WHAT YOU WILL DO
Your answer is the lines below, exactly, from the one that contains "-- before, and" through the one that contains "elim (Bool-cases", both included.

DATA FOR THIS EXERCISE
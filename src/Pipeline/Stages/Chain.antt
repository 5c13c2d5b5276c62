-- ===== src/Pipeline/Stages/Chain.antt =====
-- What a pass of src/pipeline/inference_pipeline.cpp over the stages computes, and its cache of
-- sessions.
use socrates.Prelude.{
  ℕ, ◌+◌, ◌≡◌, refl, sym, ap, ◌∙◌, Bool, true, false, ◌&&◌, Bool-cases, inl, inr, Option, none,
  some, List, [], ◌∷◌, ◌++◌, text_eq, text_eq_refl, if◌then◌else◌, subst, Option-cases,
}
use socrates.Types.{cancelled, ok, err, backend_eq, backend_eq_refl, ◌>>=◌, >>=-eq-ok, ok-injective}
use socrates.Scheduler.{StageAssignment}
use socrates.Pipeline.{InferenceRequest, ActiveRequest}
use socrates.Pipeline.Stages.{
  NamedTensor, RunResult, Services, Sessions, Ran, Cancelled, first_id, cached, resolved,
  load_session, ensure_session_loaded, execute_stage, run_request, moved_from, run_stages,
  execute_pipeline_pass,
}

-- Each stage runs in the plan's order on the outputs of the stage before it. The result is the last
-- stage's, its outputs taken out.
pub data Chain (services : Services) (request : InferenceRequest) (position : ℕ)
    : List StageAssignment → List NamedTensor → Sessions → RunResult → Sessions → Type 0 where
  last :
      {stage : StageAssignment} {inputs : List NamedTensor} {sessions sessions' : Sessions}
      {result : RunResult}
      → execute_stage services sessions stage (run_request request stage position inputs)
        ≡ (ok result, sessions')
      → Chain services request position (stage ∷ []) inputs sessions (moved_from result) sessions'
  next :
      {stage : StageAssignment} {more : StageAssignment} {stages : List StageAssignment}
      {inputs : List NamedTensor} {sessions sessions' sessions'' : Sessions}
      {result result' : RunResult}
      → execute_stage services sessions stage (run_request request stage position inputs)
        ≡ (ok result, sessions')
      → Chain services request position (more ∷ stages) result.outputs sessions' result' sessions''
      → Chain services request position (stage ∷ more ∷ stages) inputs sessions result' sessions''

not_stopped :
    (t : Bool) (sessions : Sessions) (x : Ran) {result : RunResult} {sessions' : Sessions}
    → (if t then (err cancelled, sessions) else x) ≡ (ok result, sessions')
    → x ≡ (ok result, sessions')
not_stopped true sessions x h = absurd (cc)
not_stopped false sessions x h = h

runs_on :
    (t : Bool) (sessions : Sessions) (x : Ran)
    → t ≡ false
    → (if t then (err cancelled, sessions) else x) ≡ x
runs_on true sessions x h = absurd (cc)
runs_on false sessions x h = refl

-- What follows a stage that ran.
abbrev follow : Ran → (RunResult → Sessions → Ran) → Ran
follow ran f = elim ran.0 [ err e ↦ ran | ok result ↦ f result ran.1 ]

follow-ok :
    (ran : Ran) (f : RunResult → Sessions → Ran) {result' : RunResult} {sessions'' : Sessions}
    → follow ran f ≡ (ok result', sessions'')
    → (result : RunResult) × (sessions' : Sessions) × (ran ≡ (ok result, sessions'))
      × (f result sessions' ≡ (ok result', sessions''))
follow-ok (err e, sessions) f h = absurd (cc)
follow-ok (ok result, sessions) f h = (result, sessions, refl, h)

abbrev end : RunResult → Sessions → Ran
end result sessions = (ok (moved_from result), sessions)

module _ (services : Services) (stops : Cancelled) (request : InferenceRequest) (position : ℕ) where
  last_stage :
      (n : ℕ) (stage : StageAssignment) (inputs : List NamedTensor) (sessions : Sessions)
      {result result' : RunResult} {sessions' sessions'' : Sessions}
      → execute_stage services sessions stage (run_request request stage position inputs)
        ≡ (ok result, sessions')
      → end result sessions' ≡ (ok result', sessions'')
      → Chain services request position (stage ∷ []) inputs sessions result' sessions''
  last_stage n stage inputs sessions {result = result} {sessions'' = sessions''} e k =
      subst (λ r. Chain services request position (stage ∷ []) inputs sessions r sessions'')
        (ok-injective (ap (λ p. p.0) k))
        (last {result = result} (e ∙ ap (λ s. (ok result, s)) (ap (λ p. p.1) k)))

  run_stages-Chain :
      (n : ℕ) (stages : List StageAssignment) (inputs : List NamedTensor) (sessions : Sessions)
      {result : RunResult} {sessions' : Sessions}
      → run_stages services stops request position n stages inputs sessions ≡ (ok result, sessions')
      → Chain services request position stages inputs sessions result sessions'
  unfolding run_stages
  run_stages-Chain n [] inputs sessions h = absurd (cc)
  run_stages-Chain n (stage ∷ []) inputs sessions h =
      let ran = execute_stage services sessions stage (run_request request stage position inputs) in
      let (result, sessions', e, k) =
        follow-ok ran end (not_stopped (stops n) sessions (follow ran end) h) in
      last_stage n stage inputs sessions e k
  run_stages-Chain n (stage ∷ more ∷ stages) inputs sessions h =
      let ran = execute_stage services sessions stage (run_request request stage position inputs) in
      let rest : RunResult → Sessions → Ran = λ result sessions'.
        run_stages services stops request position (n + 1) (more ∷ stages) result.outputs
          sessions' in
      let (result, sessions', e, k) =
        follow-ok ran rest (not_stopped (stops n) sessions (follow ran rest) h) in
      next e (run_stages-Chain (n + 1) (more ∷ stages) result.outputs sessions' k)

  Chain-run_stages :
      ((n : ℕ) → stops n ≡ false)
      → (n : ℕ) {stages : List StageAssignment} {inputs : List NamedTensor} {sessions : Sessions}
        {result : RunResult} {sessions' : Sessions}
      → Chain services request position stages inputs sessions result sessions'
      → run_stages services stops request position n stages inputs sessions ≡ (ok result, sessions')
  unfolding run_stages
  Chain-run_stages free n {sessions = sessions} (last {stage} {inputs} e) =
      let ran = execute_stage services sessions stage (run_request request stage position inputs) in
      runs_on (stops n) sessions (follow ran end) (free n) ∙ ap (λ r. follow r end) e
  Chain-run_stages free n {sessions = sessions} (next {stage} {more} {stages} {inputs} e c) =
      let ran = execute_stage services sessions stage (run_request request stage position inputs) in
      let rest : RunResult → Sessions → Ran = λ result sessions'.
        run_stages services stops request position (n + 1) (more ∷ stages) result.outputs
          sessions' in
      runs_on (stops n) sessions (follow ran rest) (free n)
      ∙ ap (λ r. follow r rest) e
      ∙ Chain-run_stages free (n + 1) c

-- A pass that succeeds ran every stage once, in the plan's order, each on the outputs of the stage
-- before, and returns the last stage's result, its outputs taken out.
pub execute_pipeline_pass-Chain :
    (services : Services) (stops : Cancelled) (sessions : Sessions) (s : ActiveRequest)
    (position : ℕ) (inputs : List NamedTensor) (result : RunResult) (sessions' : Sessions)
    → execute_pipeline_pass services stops sessions s position inputs ≡ (ok result, sessions')
    → Chain services s.request position s.plan.stages inputs sessions result sessions'
unfolding execute_pipeline_pass
execute_pipeline_pass-Chain services stops sessions s position inputs result sessions' h =
    run_stages-Chain services stops s.request position 0 s.plan.stages inputs sessions h

-- A pass that is not cancelled and whose stages all run succeeds with the last stage's result.
execute_pipeline_pass-of_Chain :
    (services : Services) (stops : Cancelled) (sessions : Sessions) (s : ActiveRequest)
    (position : ℕ) (inputs : List NamedTensor) (result : RunResult) (sessions' : Sessions)
    → ((n : ℕ) → stops n ≡ false)
    → Chain services s.request position s.plan.stages inputs sessions result sessions'
    → execute_pipeline_pass services stops sessions s position inputs ≡ (ok result, sessions')
unfolding execute_pipeline_pass
execute_pipeline_pass-of_Chain services stops sessions s position inputs result sessions' free c =
    Chain-run_stages services stops s.request position free 0 c

cached-last :
    (sessions : Sessions) (stage : StageAssignment) (session : Option ℕ)
    → cached sessions stage ≡ none
    → cached
        (sessions
          ++ (record {
            stage_id = first_id stage.stage_ids;
            backend = stage.backend;
            session = session;
          }
              ∷ []))
        stage
      ≡ some session
unfolding cached
cached-last [] stage session h =
    rw (text_eq_refl (first_id stage.stage_ids), backend_eq_refl stage.backend)
cached-last (l ∷ sessions) stage session h =
    elim (Bool-cases
      (text_eq l.stage_id (first_id stage.stage_ids) && backend_eq l.backend stage.backend)) [
        | inl e ↦ let h' : some l.session ≡ none = rw e at h in absurd (cc)
        | inr e ↦ rw e (cached-last sessions stage session (rw e at h))
      ]

cache_hit :
    (services : Services) (sessions : Sessions) (stage : StageAssignment) (session : Option ℕ)
    → cached sessions stage ≡ some session
    → ensure_session_loaded services sessions stage ≡ ok (session, sessions)
unfolding ensure_session_loaded
cache_hit services sessions stage session e = rw (e, ensure_session_loaded)

abbrev loaded : Sessions → StageAssignment → Option ℕ → Sessions
loaded sessions stage session =
    sessions
    ++ (record { stage_id = first_id stage.stage_ids; backend = stage.backend; session = session }
        ∷ [])

cache_miss :
    (services : Services) (sessions : Sessions) (stage : StageAssignment)
    → cached sessions stage ≡ none
    → ensure_session_loaded services sessions stage ≡ (
        resolved services.resolve stage.backend >>= λ backend.
        load_session services stage backend >>= λ session.
        ok (session, loaded sessions stage session))
unfolding ensure_session_loaded
cache_miss services sessions stage e = rw (e, ensure_session_loaded)

abbrev InCache : StageAssignment → Option ℕ × Sessions → Type 0
InCache stage (session, sessions) = cached sessions stage ≡ some session

loaded-cached :
    (services : Services) (sessions : Sessions) (stage : StageAssignment) (r : Option ℕ × Sessions)
    → ensure_session_loaded services sessions stage ≡ ok r
    → InCache stage r
loaded-cached services sessions stage r h = elim (Option-cases (cached sessions stage)) [
  | inl e ↦
      let (backend, _, h₁) =
        >>=-eq-ok (resolved services.resolve stage.backend) _
          (sym (cache_miss services sessions stage e) ∙ h) in
      let (session, _, h₂) = >>=-eq-ok (load_session services stage backend) _ h₁ in
      subst (InCache stage) (ok-injective h₂) (cached-last sessions stage session e)
  | inr (x, e) ↦
      subst (InCache stage) (ok-injective (sym (cache_hit services sessions stage x e) ∙ h)) e
]

-- A session that was loaded is in the cache: the next call for the stage returns it and loads nothing.
ensure_session_loaded-cached :
    (services : Services) (sessions : Sessions) (stage : StageAssignment) (session : Option ℕ)
    (sessions' : Sessions) (later : Services)
    → ensure_session_loaded services sessions stage ≡ ok (session, sessions')
    → ensure_session_loaded later sessions' stage ≡ ok (session, sessions')
ensure_session_loaded-cached services sessions stage session sessions' later h =
    cache_hit later sessions' stage session
      (loaded-cached services sessions stage (session, sessions') h)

EXERCISE SOLUTION
-- before, and returns the last stage's result, its outputs taken out.
pub execute_pipeline_pass-Chain :
    (services : Services) (stops : Cancelled) (sessions : Sessions) (s : ActiveRequest)
    (position : ℕ) (inputs : List NamedTensor) (result : RunResult) (sessions' : Sessions)
    → execute_pipeline_pass services stops sessions s position inputs ≡ (ok result, sessions')
    → Chain services s.request position s.plan.stages inputs sessions result sessions'
unfolding execute_pipeline_pass
execute_pipeline_pass-Chain services stops sessions s position inputs result sessions' h =
    run_stages-Chain services stops s.request position 0 s.plan.stages inputs sessions h

-- A pass that is not cancelled and whose stages all run succeeds with the last stage's result.
execute_pipeline_pass-of_Chain :
    (services : Services) (stops : Cancelled) (sessions : Sessions) (s : ActiveRequest)
    (position : ℕ) (inputs : List NamedTensor) (result : RunResult) (sessions' : Sessions)
    → ((n : ℕ) → stops n ≡ false)
    → Chain services s.request position s.plan.stages inputs sessions result sessions'
    → execute_pipeline_pass services stops sessions s position inputs ≡ (ok result, sessions')
unfolding execute_pipeline_pass
execute_pipeline_pass-of_Chain services stops sessions s position inputs result sessions' free c =
    Chain-run_stages services stops s.request position free 0 c

cached-last :
    (sessions : Sessions) (stage : StageAssignment) (session : Option ℕ)
    → cached sessions stage ≡ none
    → cached
        (sessions
          ++ (record {
            stage_id = first_id stage.stage_ids;
            backend = stage.backend;
            session = session;
          }
              ∷ []))
        stage
      ≡ some session
unfolding cached
cached-last [] stage session h =
    rw (text_eq_refl (first_id stage.stage_ids), backend_eq_refl stage.backend)
cached-last (l ∷ sessions) stage session h =
    elim (Bool-cases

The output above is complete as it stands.